Kaç renge kaç parçaya
b/ölünmüşlüğümle ilintili bir düş belki de gözlerim açık gördüğüm yetmedi içine
düştüğüm kuyunun duasında saklı bir sarnıç gibi petekler dolusu servetim arı
yüreğimde saklı tuttuğum ar denen duygunun tebessümü ile şevk bildiğim sevginin
v kalemin esaretinde gaipten gelen bir hüzün dalgasından mütevellit kanayan
sözcüklerime can veren yüce Rabbin izniyle izindeyim de sevginin…
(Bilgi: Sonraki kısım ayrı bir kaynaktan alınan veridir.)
-- ===== src/Pipeline/Content.antt =====
-- crates/pipeline/src/content.rs: one line of text for an event, and the failures in its output.
pub mod Summaries
pub mod Errors
use contextd.Prelude.{
  ℕ, ◌-◌, ◌/◌, ◌%◌, Bool, true, false, not, ◌||◌, Option, none, some, List, [], ◌∷◌, ◌++◌, any,
  find?, take, length, ltb, leb, map, if◌then◌else◌,
}
use contextd.Prelude.Int.{ℤ, is_zero}
use contextd.Text.{
  Text, str, text_eq, is_empty, trim, trim_end, contains, starts_with, rsplit_once, after_last,
  lines, split_whitespace, split_once_whitespace, join,
}
use contextd.Text.Decimal.{decimal, int_decimal}
use contextd.Json.{Json, str_at, i64_at, u64_at}
use contextd.Core.Event.{RawEvent, EventSource}
use contextd.Core.Validate.{trimmed}

abbrev pub max_summary_chars : ℕ
max_summary_chars = 160

abbrev pub error_markers : List Text
error_markers =
    str "panicked at"
    ∷ str "Traceback (most recent call last)"
    ∷ str "AssertionError"
    ∷ str "SyntaxError"
    ∷ str "TypeError"
    ∷ str "ValueError"
    ∷ str "NullPointerException"
    ∷ str "Segmentation fault"
    ∷ str "error[E"
    ∷ str "fatal:"
    ∷ str "FAILED"
    ∷ str "Exception"
    ∷ str "error:"
    ∷ str "Error:"
    ∷ str "ERROR"
    ∷ []

unfoldable pub collapse_whitespace : Text → Text
collapse_whitespace text = join (str " ") (split_whitespace text)

unfoldable pub truncate : Text → ℕ → Text
truncate text limit =
    if leb (length text) limit then text else trim_end (take (limit - 1) text) ++ 0x2026 ∷ []

-- The line that one marker finds, unless it is empty.
unfoldable pub marked_line : Text → Text → Option Text
marked_line text marker = elim (find? (λ line. contains line marker) (map trim (lines text))) [
  | none ↦ none
  | some line ↦ if is_empty line then none else some line
]

unfoldable pub first_marked : Text → List Text → Option Text
first_marked text [] = none
first_marked text (marker ∷ markers) =
    let rest = first_marked text markers in
    elim (marked_line text marker) [ some line ↦ some line | none ↦ rest ]

unfoldable pub extract_error : Text → Option Text
extract_error text = elim (first_marked text error_markers) [
  | none ↦ none
  | some line ↦ some (truncate (collapse_whitespace line) max_summary_chars)
]

abbrev pub is_some : {A : Type 0} → Option A → Bool
is_some none = false
is_some (some a) = true

-- Strips the directory from the program of a command line.
unfoldable pub shorten_command : Text → Text
shorten_command command =
    let (program, args) = split_once_whitespace (trim command) in
    elim args [
      | some rest ↦ after_last b'/' program ++ str " " ++ rest
      | none ↦ after_last b'/' program
    ]

-- The last two components of a path.
unfoldable pub short_path : Text → Text
short_path path = elim (rsplit_once b'/' path) [
  | none ↦ path
  | some (directory, name) ↦ after_last b'/' directory ++ str "/" ++ name
]

-- `runtime`, once the milliseconds are read.
unfoldable pub runtime_text : ℕ → Option Text
runtime_text ms =
    if leb ms 999
    then none
    else if leb ms 59999
    then some (decimal (ms / 1000) ++ str "s")
    else some (decimal (ms / 60000) ++ str "m" ++ decimal (ms % 60000 / 1000) ++ str "s")

unfoldable pub or_else : Option Text → Option Text → Option Text
or_else (some a) b = some a
or_else none b = b

unfoldable pub verb_of : Option Text → Text
verb_of none = str "touched"
verb_of (some action) =
    if starts_with action (str "Create")
    then str "created"
    else if starts_with action (str "Remove")
    then str "deleted"
    else if starts_with action (str "Modify")
    then str "edited"
    else str "touched"

-- `message.lines().next().unwrap_or(message)`
unfoldable pub subject_line : Text → Text
subject_line message = elim (lines message) [ line ∷ rest ↦ line | [] ↦ message ]

-- The match of `summarize_git` on the action and the message.
unfoldable pub git_text : Text → Option Text → Text
git_text action (some message) =
    if text_eq action (str "commit")
    then str "committed: " ++ subject_line message
    else if text_eq action (str "checkout")
    then str "switched to " ++ message
    else if text_eq action (str "push")
    then str "pushed"
    else str "git " ++ action ++ str ": " ++ message
git_text action none =
    if text_eq action (str "commit")
    then str "committed"
    else if text_eq action (str "push")
    then str "pushed"
    else str "git " ++ action

-- The match of `summarize_proc` on the action.
unfoldable pub proc_text : Text → Text → Option Text → Text
proc_text action command runtime =
    if text_eq action (str "process_start")
    then str "started `" ++ command ++ str "`"
    else if text_eq action (str "process_end")
    then elim runtime [
      | some t ↦ str "finished `" ++ command ++ str "` after " ++ t
      | none ↦ str "finished `" ++ command ++ str "`"
    ]
    else action ++ str ": `" ++ command ++ str "`"

abbrev pub bind : {A B : Type 0} → Option A → (A → Option B) → Option B
bind none f = none
bind (some a) f = f a

unfoldable pub finish : Text → Option Text
finish summary =
    let line = collapse_whitespace summary in
    if is_empty line then none else some (truncate line max_summary_chars)

module _ {V : Type 0} (json : Json V) where
  -- `filter_map` of the fields to their strings, then `find_map(extract_error)`
  unfoldable pub first_error : V → List Text → Option Text
  first_error payload [] = none
  first_error payload (field ∷ fields) =
      let rest = first_error payload fields in
      elim (bind (str_at json payload field) extract_error) [ some e ↦ some e | none ↦ rest ]

  -- Some string among the fields has an error line.
  unfoldable pub any_error : V → List Text → Bool
  any_error payload fields =
      any (λ field. is_some (bind (str_at json payload field) extract_error)) fields

  unfoldable pub looks_like_failure : RawEvent V → Bool
  looks_like_failure event = elim (i64_at json event.payload (str "exit_code")) [
    | some code ↦ not (is_zero code)
    | none ↦
        any_error event.payload (str "stderr" ∷ str "output" ∷ str "message" ∷ str "error" ∷ [])
  ]

  -- The end of `summarize_shell`.
  unfoldable pub shell_text : Text → Option Text → Option ℤ → Text
  shell_text command (some error) exit_code = str "ran `" ++ command ++ str "` — failed: " ++ error
  shell_text command none none = str "ran `" ++ command ++ str "`"
  shell_text command none (some code) =
      if is_zero code
      then str "ran `" ++ command ++ str "`"
      else str "ran `" ++ command ++ str "` — exited " ++ int_decimal code

  unfoldable pub summarize_shell : V → Option Text
  summarize_shell payload = bind (str_at json payload (str "command")) λ command. some (
      shell_text (shorten_command command)
        (first_error payload (str "stderr" ∷ str "output" ∷ str "error" ∷ []))
        (i64_at json payload (str "exit_code")))

  -- The command of a process event, or its name.
  unfoldable pub process_command : V → Option Text
  process_command payload = elim (trimmed (str_at json payload (str "command"))) [
    | some command ↦ some (shorten_command command)
    | none ↦ trimmed (str_at json payload (str "process_name"))
  ]

  unfoldable pub runtime : V → Option Text
  runtime payload = bind (u64_at json payload (str "ran_for_ms")) runtime_text

  unfoldable pub summarize_proc : V → Option Text
  summarize_proc payload = bind (str_at json payload (str "action")) λ action.
      bind (process_command payload) λ command. some (proc_text action command (runtime payload))

  unfoldable pub summarize_filesystem : V → Option Text
  summarize_filesystem payload =
      bind (str_at json payload (str "path"))
        λ path. some (verb_of (str_at json payload (str "action")) ++ str " " ++ short_path path)

  unfoldable pub summarize_git : V → Option Text
  summarize_git payload =
      bind (str_at json payload (str "action"))
        λ action. some (git_text action (trimmed (str_at json payload (str "message"))))

  unfoldable pub summarize_manifest : V → Option Text
  summarize_manifest payload = elim (str_at json payload (str "file")) [
    | some file ↦ some (str "changed dependencies in " ++ short_path file)
    | none ↦ some (str "changed dependencies in " ++ str "a manifest")
  ]

  -- The match of `summarize` on the source.
  unfoldable pub draft : RawEvent V → Option Text
  draft event = elim event.source [
    | EventSource.shell ↦ summarize_shell event.payload
    | EventSource.proc ↦ summarize_proc event.payload
    | EventSource.file_system ↦ summarize_filesystem event.payload
    | EventSource.git ↦ summarize_git event.payload
    | EventSource.manifest ↦ summarize_manifest event.payload
    | EventSource.editor ↦ none
    | EventSource.claim ↦ none
    | EventSource.note ↦ none
  ]

  unfoldable pub summarize : RawEvent V → Option Text
  summarize event = bind (draft event) finish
Mübalağasız sevgi istişarede yürek
sesi
Muazzam bir coğrafya adeta atlas
ruhumda
Konaklayan gölgeleri tarumar ettiğim
kadar nefreti ve kini
Kibirli bir sevgi olmadığım o kadar
mı belli?
Azat edilesi bir rayiç üstlendiğim
Azap kuşlarından yana servetim
Varsa yoksa kuş kalbim
Bir o kadar tüysıklet vicdanımın
Israrlı sesi.
Yakut gözlerinde evrenin
Şüheda mazimi kürediğim
Kadar
Tünediğim en Ulu Rakım:
Hüznün kalibresi
Yalnızlığın b/ağlanmış basireti
Kefil olduğum iç sesimden taşanda
saklı
Bazen ıssızlık bazen kör ve kor
nidalar
Akıbeti belli olmayan bir ömür
Ve arda kalanlar
İçtimada kalem ve şair
İnfazı şiirin bedeller ödediğim
isyankar
Muhafız beklemede
Ve işte idam sehpam
Üzerine serili çayım ekmeğim
Ölümüne şerh düştüğüm
Sevgiden yana iken tek tesellim
Artık rüştünü ispatladı duygular
Kaynakçam İlah
Kayda değer alınmadığım kadar
insanların nezdinde
Ettiğim her dua
Cihan ve ertesi
Baş koyduğum yolda
İdam fermanım her gün yazdığım ve altına
attığım imza.
İmtiyaz sahibi imgeler beklemede
İndinde bu belirsizliğin
Ve işte kör noktası cehaletin
Kordan acıları yalan sevgilerin
yanında
İçtenliğimle şerh düştüğüm
Yeni keşfettiğim bir coğrafya
Nasıl ki içimde saklıymış ezelden
Kendimi sevmem için çok mu geç çok mu
erken?
Azat edilesi bir bülbül
İç sesimin mimarı
İsyanı kabrimin
Bir an evvel Rabbime kavuşma telaşı
Az evvel nasıl ki kapıştı yer gök
Başımı eğdiğim tek mekân tek makam
Mademki İlahi Aşkın Dergâhı
Örtündüğüm kadar acılarımla
Açmayacağım da artık kalbimi bir
Allah’ın kuluna
Elbet Allah yeter inanan kuluna…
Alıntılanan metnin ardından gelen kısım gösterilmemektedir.